Décarboner l’aviation

Décarboner l’aviation – les chiffres 2020

Aujourd’hui le transport aérien représente 2 à 2,5% des émissions de CO2 d’origine anthropique et cette valeur correspond à un réel consensus scientifique (1). Cette valeur est à mettre en perspective, par exemple avec la part associée au textile et l’habillement (entre 8 et 10% (2)) ou à l’Internet (environ 4%  (3)). Les appareils les plus récents de la gamme Airbus permettent d’atteindre une consommation par passager d’à peine plus de 2 litres aux 100km.

 

Les avions actuels ont une consommation unitaire (par passager.km) 5 fois plus faible que ceux fabriqués dans les années 1960. Des gains de consommation de 15 à 20% entre 2 générations d’appareils ont été réalisés grâce à des progrès sur l’efficacité propulsive, la masse, l’aérodynamique, l’usage de systèmes plus électriques, une avionique plus performante.

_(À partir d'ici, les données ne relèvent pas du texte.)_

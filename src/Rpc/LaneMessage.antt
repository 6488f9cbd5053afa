-- ===== src/Rpc/LaneMessage.antt =====
-- packages/rpc/src/peer.ts, `walkCommits`: what the commit lane makes of a message's bytes before it
-- classifies the frame. The MLS port's `readCommitHeader`, the digest of the commit's bytes and the
-- port's answer to an applicable commit are parameters.
pub mod Exact
use kumiai.HubServer.MemoryStore.{StoredMessage}
use kumiai.Rpc.Classify.{
  unknown_frame_version, header, not_a_commit, CommitFrameEvidence, CommitHeader,
}
use kumiai.Rpc.Classify.Lane.{LaneFrame, ApplyOutcome, refused}
use kumiai.Rpc.CommitFrame.{
  CommitFrame, Decoded, decoded, failed, unsupported_version, too_short, truncated,
  decode_commit_frame,
}
use kumiai.Shared.{
  ◌/◌, ◌%◌, subst, ◌∙◌, ℕ, zero, suc, ◌+◌, ◌-◌, ◌*◌, ◌≤◌, ◌<◌, ◌≡◌, ◌≢◌, refl, sym, ap, ◌⊎◌, ◌↔◌,
  inl, inr, Bool, true, false, not, ◌&&◌, ◌||◌, Option, none, some, List, [], ◌∷◌, ◌++◌, ◌==◌, ltb,
  leb, if◌then◌else◌, or_default, is_some, arith, All, length, Bool-cases, Option-cases, ==_iff,
  ==_refl, ==_ne, min, max, map, has, erase,
}
use kumiai.Shared.Map
use kumiai.Shared.Map.{Map, get-set, get-delete, get-empty}
use kumiai.Rpc.Handshake.{
  kind_byte, handshake_version, read, unreadable, decode_handshake_frame, HandshakeRead,
  commit as commit_kind,
}
use kumiai.HubServer.SequenceId.{format_sequence_id}

-- What the walk finds behind the header: a commit's frame, or what the frame is evidence of.
pub data LaneContent : Type 0 where
  carries : CommitFrame → LaneContent
  dropped unknown_version : LaneContent

abbrev pub commit_content : Decoded → LaneContent
commit_content (decoded f) = carries f
commit_content (failed (unsupported_version version)) = unknown_version
commit_content (failed too_short) = dropped
commit_content (failed truncated) = dropped

abbrev pub handshake_content : HandshakeRead → LaneContent
handshake_content (unreadable why) = dropped
handshake_content (read frame) =
    if not (frame.version == handshake_version)
    then unknown_version
    else if not (frame.kind == kind_byte commit_kind)
    then dropped
    else commit_content (decode_commit_frame frame.payload)

unfoldable pub lane_content : List ℕ → LaneContent
unfolding decode_handshake_frame decode_commit_frame
lane_content payload = handshake_content (decode_handshake_frame payload)

module _ (read_commit_header : List ℕ → Option CommitHeader) (digest_of : List ℕ → ℕ)
    (process_commit : CommitFrame → ApplyOutcome) where
  abbrev pub header_evidence : Option CommitHeader → CommitFrameEvidence
  header_evidence none = not_a_commit
  header_evidence (some h) = header h

  abbrev pub content_evidence : LaneContent → CommitFrameEvidence
  content_evidence (carries f) = header_evidence (read_commit_header f.commit)
  content_evidence dropped = not_a_commit
  content_evidence unknown_version = unknown_frame_version

  -- The digest and the outcome are read of a commit only.
  abbrev pub content_digest : LaneContent → ℕ
  content_digest (carries f) = digest_of f.commit
  content_digest _ = 0

  abbrev pub content_outcome : LaneContent → ApplyOutcome
  content_outcome (carries f) = process_commit f
  content_outcome _ = refused

  unfoldable pub lane_frame : StoredMessage → LaneFrame
  unfolding lane_content format_sequence_id
  lane_frame m =
      let content = lane_content m.payload in
      record {
        frame_header = content_evidence content;
        position = format_sequence_id m.sequence_id;
        digest = content_digest content;
        outcome = content_outcome content;
      }
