-- ===== src/Rpc/LaneMessage/Exact.antt =====
-- packages/rpc/src/peer.ts, `walkCommits`: the lane reads exactly the commits that are framed for it.
use kumiai.Rpc.CommitFrame.Framing.{decode-encode, decode_commit_frame-encode_commit_frame, IsBytes}
use kumiai.Rpc.LaneMessage.{carries, commit_content, lane_content}
use kumiai.Rpc.CommitFrame.{
  encode_commit_frame, CommitFrame, Decoded, decoded, failed, unsupported_version, too_short,
  truncated, decode_commit_frame,
}
use kumiai.Shared.{
  subst, ◌∙◌, ℕ, ◌<◌, ◌≡◌, refl, sym, ap, ◌↔◌, inl, inr, true, false, some, List, [], ◌∷◌, ◌==◌,
  arith, length, Bool-cases,
}
use kumiai.Rpc.Handshake.{
  encode_handshake_frame, is_handshake_kind, kind_byte, handshake_version, decode_handshake_frame,
  magic_second, magic_first, commit as commit_kind,
}

carries_injective : (f g : CommitFrame) → carries f ≡ carries g → f ≡ g
carries_injective f g e = cc e

commit_content-carries :
    (d : Decoded) (f : CommitFrame) → commit_content d ≡ carries f → d ≡ decoded f
commit_content-carries (decoded g) f h = ap (λ z. decoded z) (carries_injective g f h)
commit_content-carries (failed (unsupported_version v)) f h = absurd (cc h)
commit_content-carries (failed too_short) f h = absurd (cc h)
commit_content-carries (failed truncated) f h = absurd (cc h)

-- The header of a commit's frame.
abbrev commit_header : List ℕ → List ℕ
commit_header payload =
    magic_first ∷ magic_second ∷ handshake_version ∷ kind_byte commit_kind ∷ payload

read_commit :
    (payload : List ℕ)
    → lane_content (commit_header payload) ≡ commit_content (decode_commit_frame payload)
unfolding lane_content decode_handshake_frame
read_commit payload = refl

same_header :
    (a b v k : ℕ) (payload : List ℕ)
    → (a == magic_first) ≡ true
    → (b == magic_second) ≡ true
    → (v == handshake_version) ≡ true
    → (k == kind_byte commit_kind) ≡ true
    → a ∷ b ∷ v ∷ k ∷ payload ≡ commit_header payload
same_header a b v k payload x y z w = ground (arith, x, y, z, w)

other_kind :
    (a b v k : ℕ) (payload : List ℕ) (f : CommitFrame)
    → (a == magic_first) ≡ true
    → (b == magic_second) ≡ true
    → (v == handshake_version) ≡ true
    → (k == kind_byte commit_kind) ≡ false
    → ¬ (lane_content (a ∷ b ∷ v ∷ k ∷ payload) ≡ carries f)
unfolding lane_content decode_handshake_frame
other_kind a b v k payload f x y z w h = elim (Bool-cases (is_handshake_kind k)) [
  | inl n ↦ ground (arith, x, y, z, w, n, h)
  | inr n ↦ ground (arith, x, y, z, w, n, h)
]

carried_header :
    (a b v k : ℕ) (payload : List ℕ) (f : CommitFrame)
    → lane_content (a ∷ b ∷ v ∷ k ∷ payload) ≡ carries f
    → (a ∷ b ∷ v ∷ k ∷ payload ≡ commit_header payload) × (decode_commit_frame payload ≡ decoded f)
unfolding lane_content decode_handshake_frame
carried_header a b v k payload f h = elim (Bool-cases (a == magic_first)) [
  | inr x ↦ absurd (ground (arith, x, h))
  | inl x ↦ elim (Bool-cases (b == magic_second)) [
    | inr y ↦ absurd (ground (arith, x, y, h))
    | inl y ↦ elim (Bool-cases (v == handshake_version)) [
      | inr z ↦ absurd (ground (arith, x, y, z, h))
      | inl z ↦ elim (Bool-cases (k == kind_byte commit_kind)) [
        | inr w ↦ absurd (other_kind a b v k payload f x y z w h)
        | inl w ↦
            let same = same_header a b v k payload x y z w in
            let at = subst (λ q. lane_content q ≡ carries f) same h in
            (
              same,
              commit_content-carries (decode_commit_frame payload) f
                  (sym (read_commit payload) ∙ at),
            )
      ]
    ]
  ]
]

framed_bytes :
    (bytes : List ℕ) (f : CommitFrame)
    → encode_handshake_frame commit_kind (encode_commit_frame f) ≡ some bytes
    → commit_header (encode_commit_frame f) ≡ bytes
unfolding encode_handshake_frame
framed_bytes bytes f e = cc e

sound :
    (bytes : List ℕ) (f : CommitFrame)
    → IsBytes bytes
    → lane_content bytes ≡ carries f
    → (encode_handshake_frame commit_kind (encode_commit_frame f) ≡ some bytes)
      × (length f.commit < 4294967296)
unfolding encode_handshake_frame
sound [] f b h = absurd (unfold lane_content in cc h)
sound (a ∷ []) f b h = absurd (unfold lane_content in cc h)
sound (a ∷ x ∷ []) f b h = absurd (unfold lane_content in cc h)
sound (a ∷ x ∷ y ∷ []) f b h = absurd (unfold lane_content in cc h)
sound (a ∷ x ∷ v ∷ k ∷ payload) f (p, (q, (r, (s, t)))) h =
    let (same, found) = carried_header a x v k payload f h in
    let (e, l) = (decode_commit_frame-encode_commit_frame payload f t).0 found in
    (ap (λ z. some (commit_header z)) (sym e) ∙ ap (λ z. some z) (sym same), l)

complete :
    (bytes : List ℕ) (f : CommitFrame)
    → IsBytes bytes
    → encode_handshake_frame commit_kind (encode_commit_frame f) ≡ some bytes
    → length f.commit < 4294967296
    → lane_content bytes ≡ carries f
complete bytes f b e l =
    let same : commit_header (encode_commit_frame f) ≡ bytes = framed_bytes bytes f e in
    subst (λ q. lane_content q ≡ carries f) same
      (read_commit (encode_commit_frame f) ∙ ap (λ d. commit_content d) (decode-encode f l))

-- The lane finds a commit with its sealed entries in a message exactly where the message is the
-- handshake frame, of the commit kind, of their commit frame: whatever the bytes are, nothing else is
-- taken for a commit, and a commit below 4 GiB is always found.
pub lane_content-encode_handshake_frame :
    (bytes : List ℕ) (f : CommitFrame)
    → IsBytes bytes
    → (lane_content bytes ≡ carries f) ↔ (
        (encode_handshake_frame commit_kind (encode_commit_frame f) ≡ some bytes)
        × (length f.commit < 4294967296))
lane_content-encode_handshake_frame bytes f b =
    (λ h. sound bytes f b h, λ (e, l). complete bytes f b e l)
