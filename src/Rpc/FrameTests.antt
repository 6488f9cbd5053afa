-- ===== src/Rpc/FrameTests.antt =====
-- Runs of packages/rpc/src/commit-frame.ts, handshake.ts, and the reading of a message in peer.ts.
use kumiai.Rpc.LaneMessage.Exact.{lane_content-encode_handshake_frame}
use kumiai.Rpc.LaneMessage.{unknown_version, dropped, carries, lane_content}
use kumiai.Rpc.CommitFrame.Framing.{
  IsBytes, truncated_frame, decode_commit_frame-encode_commit_frame,
}
use kumiai.Rpc.CommitFrame.{
  unsupported_version, truncated, failed, decoded, encode_commit_frame, CommitFrame,
  decode_commit_frame,
}
use kumiai.Rpc.Handshake.{encode_handshake_frame, commit as commit_kind}
use kumiai.Shared.{some, take, ℕ, ◌<◌, ◌≡◌, refl, ◌↔◌, List, [], ◌∷◌, arith, length}

abbrev frame : CommitFrame
frame = record { commit = 7 ∷ 8 ∷ []; sealed_entries = 9 ∷ [] }

abbrev frame_bytes : List ℕ
frame_bytes = 1 ∷ 2 ∷ 0 ∷ 0 ∷ 0 ∷ 7 ∷ 8 ∷ 9 ∷ []

frame_bytes-IsBytes : IsBytes frame_bytes
frame_bytes-IsBytes = (
  omega arith,
  (
    omega arith,
    (omega arith, (omega arith, (omega arith, (omega arith, (omega arith, (omega arith, tt)))))),
  ),
)

from_the_future : decode_commit_frame (2 ∷ 0 ∷ 0 ∷ 0 ∷ 0 ∷ []) ≡ failed (unsupported_version 2)
unfolding decode_commit_frame
from_the_future = refl

decode_commit_frame-encode_commit_frame_example :
    (decode_commit_frame frame_bytes ≡ decoded frame)
    ↔ ((frame_bytes ≡ encode_commit_frame frame) × (length frame.commit < 4294967296))
decode_commit_frame-encode_commit_frame_example =
    decode_commit_frame-encode_commit_frame frame_bytes frame frame_bytes-IsBytes

truncated_frame_example :
    decode_commit_frame (take 6 (encode_commit_frame frame)) ≡ failed truncated
truncated_frame_example = truncated_frame 6 frame (omega arith)

abbrev message_bytes : List ℕ
message_bytes = 69 ∷ 75 ∷ 1 ∷ 0 ∷ frame_bytes

message_bytes-IsBytes : IsBytes message_bytes
message_bytes-IsBytes =
    (omega arith, (omega arith, (omega arith, (omega arith, frame_bytes-IsBytes))))

lane_content-encode_handshake_frame_example : (lane_content message_bytes ≡ carries frame) ↔ (
    (encode_handshake_frame commit_kind (encode_commit_frame frame) ≡ some message_bytes)
    × (length frame.commit < 4294967296))
lane_content-encode_handshake_frame_example =
    lane_content-encode_handshake_frame message_bytes frame message_bytes-IsBytes

-- A recovery reply on the commit lane is dropped, a frame of the next version is not.
other_messages :
    (lane_content (69 ∷ 75 ∷ 1 ∷ 2 ∷ []) ≡ dropped)
    × (lane_content (69 ∷ 75 ∷ 2 ∷ 200 ∷ []) ≡ unknown_version)
unfolding lane_content
other_messages = (refl, refl)
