-- ===== src/Rpc/Outbox.antt =====
-- packages/rpc/src/app-outbox.ts: the acceptance of application sends. An `await` splits a call, so
-- `accept` is two steps: it reserves a sequence number and starts the durable write, and it
-- settles when the write does. The two waits for `ready` are the caller's retry of `begin_accept`.
pub mod Fence
use kumiai.Shared.{
  without, ℕ, zero, suc, ◌+◌, ◌-◌, ◌*◌, ◌≤◌, ◌<◌, ◌≡◌, ◌≢◌, refl, sym, ap, ◌⊎◌, ◌↔◌, inl, inr, Bool,
  true, false, not, ◌&&◌, ◌||◌, Option, none, some, List, [], ◌∷◌, ◌++◌, ◌==◌, ltb, leb,
  if◌then◌else◌, or_default, is_some, arith, All, length, Bool-cases, Option-cases, ==_iff, ==_refl,
  ==_ne, min, max, map, has, add, erase,
}
use kumiai.Shared.Map
use kumiai.Shared.Map.{Map, get-set, get-delete, get-empty}

abbrev pub max_app_entry_bytes : ℕ
max_app_entry_bytes = 524288

pub record Attempt : Type 0 where
  pub epoch : ℕ
  pub floor : Option ℕ
  pub attempts : ℕ

pub record AppOutboxEntry : Type 0 where
  pub seq : ℕ
  pub protocol : ℕ
  pub prc : ℕ
  pub bytes : List ℕ
  pub last_attempt : Option Attempt

pub record AppInput : Type 0 where
  pub protocol : ℕ
  pub prc : ℕ
  pub bytes : List ℕ

-- `reservations` is a `Set`, in insertion order.
pub record Acceptance : Type 0 where
  pub limit : ℕ
  pub accepted : Map AppOutboxEntry
  pub reservations : List ℕ
  pub next_seq : ℕ
  pub listed : Bool
  pub stopped : Bool
  pub closed : Bool

unfoldable pub create_app_outbox_acceptance : ℕ → Acceptance
create_app_outbox_acceptance limit = record {
  limit = limit;
  accepted = [];
  reservations = [];
  next_seq = 0;
  listed = false;
  stopped = false;
  closed = false;
}

pub data AcceptError : Type 0 where
  peer_disposed peer_removed send_not_admissible app_entry_too_large app_outbox_full : AcceptError

-- The call waits for the inventory, is refused, or has reserved and is writing an entry.
pub data Begun : Type 0 where
  waits : Begun
  refused : AcceptError → Begun
  writes : AppOutboxEntry → Begun

unfoldable pub load_entries : List AppOutboxEntry → Acceptance → Acceptance
load_entries [] a = a
load_entries (e ∷ es) a =
    load_entries es
      (record a { accepted = Map.set e.seq e a.accepted; next_seq = max a.next_seq (e.seq + 1) })

-- `load`, where the outbox lists its entries.
unfoldable pub load : List AppOutboxEntry → Acceptance → Acceptance
unfolding load_entries
load entries a = if a.closed then a else record (load_entries entries a) { listed = true }

abbrev pub entry_of : ℕ → AppInput → AppOutboxEntry
entry_of seq input = record {
  seq = seq;
  protocol = input.protocol;
  prc = input.prc;
  bytes = input.bytes;
  last_attempt = none;
}

-- `close` settles `ready` too, so a closed acceptance does not wait.
unfoldable pub begin_accept : AppInput → Bool → Acceptance → Begun × Acceptance
begin_accept input admissible a =
    if not a.listed && not a.closed
    then (waits, a)
    else if a.closed
    then (refused peer_disposed, a)
    else if a.stopped
    then (refused peer_removed, a)
    else if not admissible
    then (refused send_not_admissible, a)
    else if ltb max_app_entry_bytes (length input.bytes)
    then (refused app_entry_too_large, a)
    else if leb a.limit (Map.size a.accepted + length a.reservations)
    then (refused app_outbox_full, a)
    else (
      writes (entry_of a.next_seq input),
      record a { next_seq = a.next_seq + 1; reservations = add a.next_seq a.reservations },
    )

-- The durable write of the entry succeeds or is rejected.
unfoldable pub end_accept : AppOutboxEntry → Bool → Acceptance → Acceptance
end_accept e written a = record a {
  accepted = if written then Map.set e.seq e a.accepted else a.accepted;
  reservations = without e.seq a.reservations;
}

-- `reservations.values().next()`.
abbrev pub first_reserved : List ℕ → Option ℕ
first_reserved [] = none
first_reserved (seq ∷ rest) = some seq

unfoldable pub lowest_unresolved_seq : Acceptance → Option ℕ
lowest_unresolved_seq a = first_reserved a.reservations

unfoldable pub replace : AppOutboxEntry → Acceptance → Acceptance
replace e a = record a { accepted = Map.set e.seq e a.accepted }

unfoldable pub remove : ℕ → Acceptance → Acceptance
remove seq a = record a { accepted = Map.delete seq a.accepted }

unfoldable pub clear : Acceptance → Acceptance
clear a = record a { accepted = [] }

unfoldable pub stop : Acceptance → Acceptance
stop a = record a { stopped = true }

unfoldable pub close : Acceptance → Acceptance
close a = record a { closed = true }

Le monde de l’aérien sait qu’il est impératif de limiter le réchauffement à moins de 1,5 à 2 degrés d’ici la fin du siècle. Prendre notre part de l’effort d’intelligence et de créativité nécessaire, de toute urgence, est une évidence. Le transport aérien doit pour cela faire décroître ses émissions mondiales jusqu’à atteindre en 2050 la moitié de celles de 2005 : cet objectif a été collectivement fixé par ATAG (Air Transport Action Group, collectif mondial rassemblant compagnies aériennes, aéroports, industriels, organes de gestion du trafic aérien) dès 2009 et il est compatible avec l’accord de Paris.

 

Pour estimer l’effort technologique et opérationnel nécessaire à cet objectif, il faut considérer les prévisions actuelles de trafic aérien pour les décennies à venir. La pandémie mondiale de 2020 conduit à anticiper un fort ralentissement de la croissance de ce trafic, avec des répercussions à très long terme (estimations ATAG, octobre 2020). Malgré cette nouvelle donne, les acteurs du transport aérien doivent se mobiliser autour de programmes technologiques ambitieux pour parvenir à la décarbonation attendue.

© ATAG (4)

Références

(1) Toutes les publications récentes dans des journaux scientifiques à comité de lecture se situent dans cette fourchette. On pourra par exemple se référer à la valeur donnée par le comité scientifique international « Global Carbon Project » en 2018 (2,3%)

(2) UNECE (2018) UN Alliance aims to put fashion on path to sustainability

(3) Belkhir L.,Elmeligi A., (2018) Assessing ICT global emissions footprint: Journal of Cleaner Production, 177, 448-463.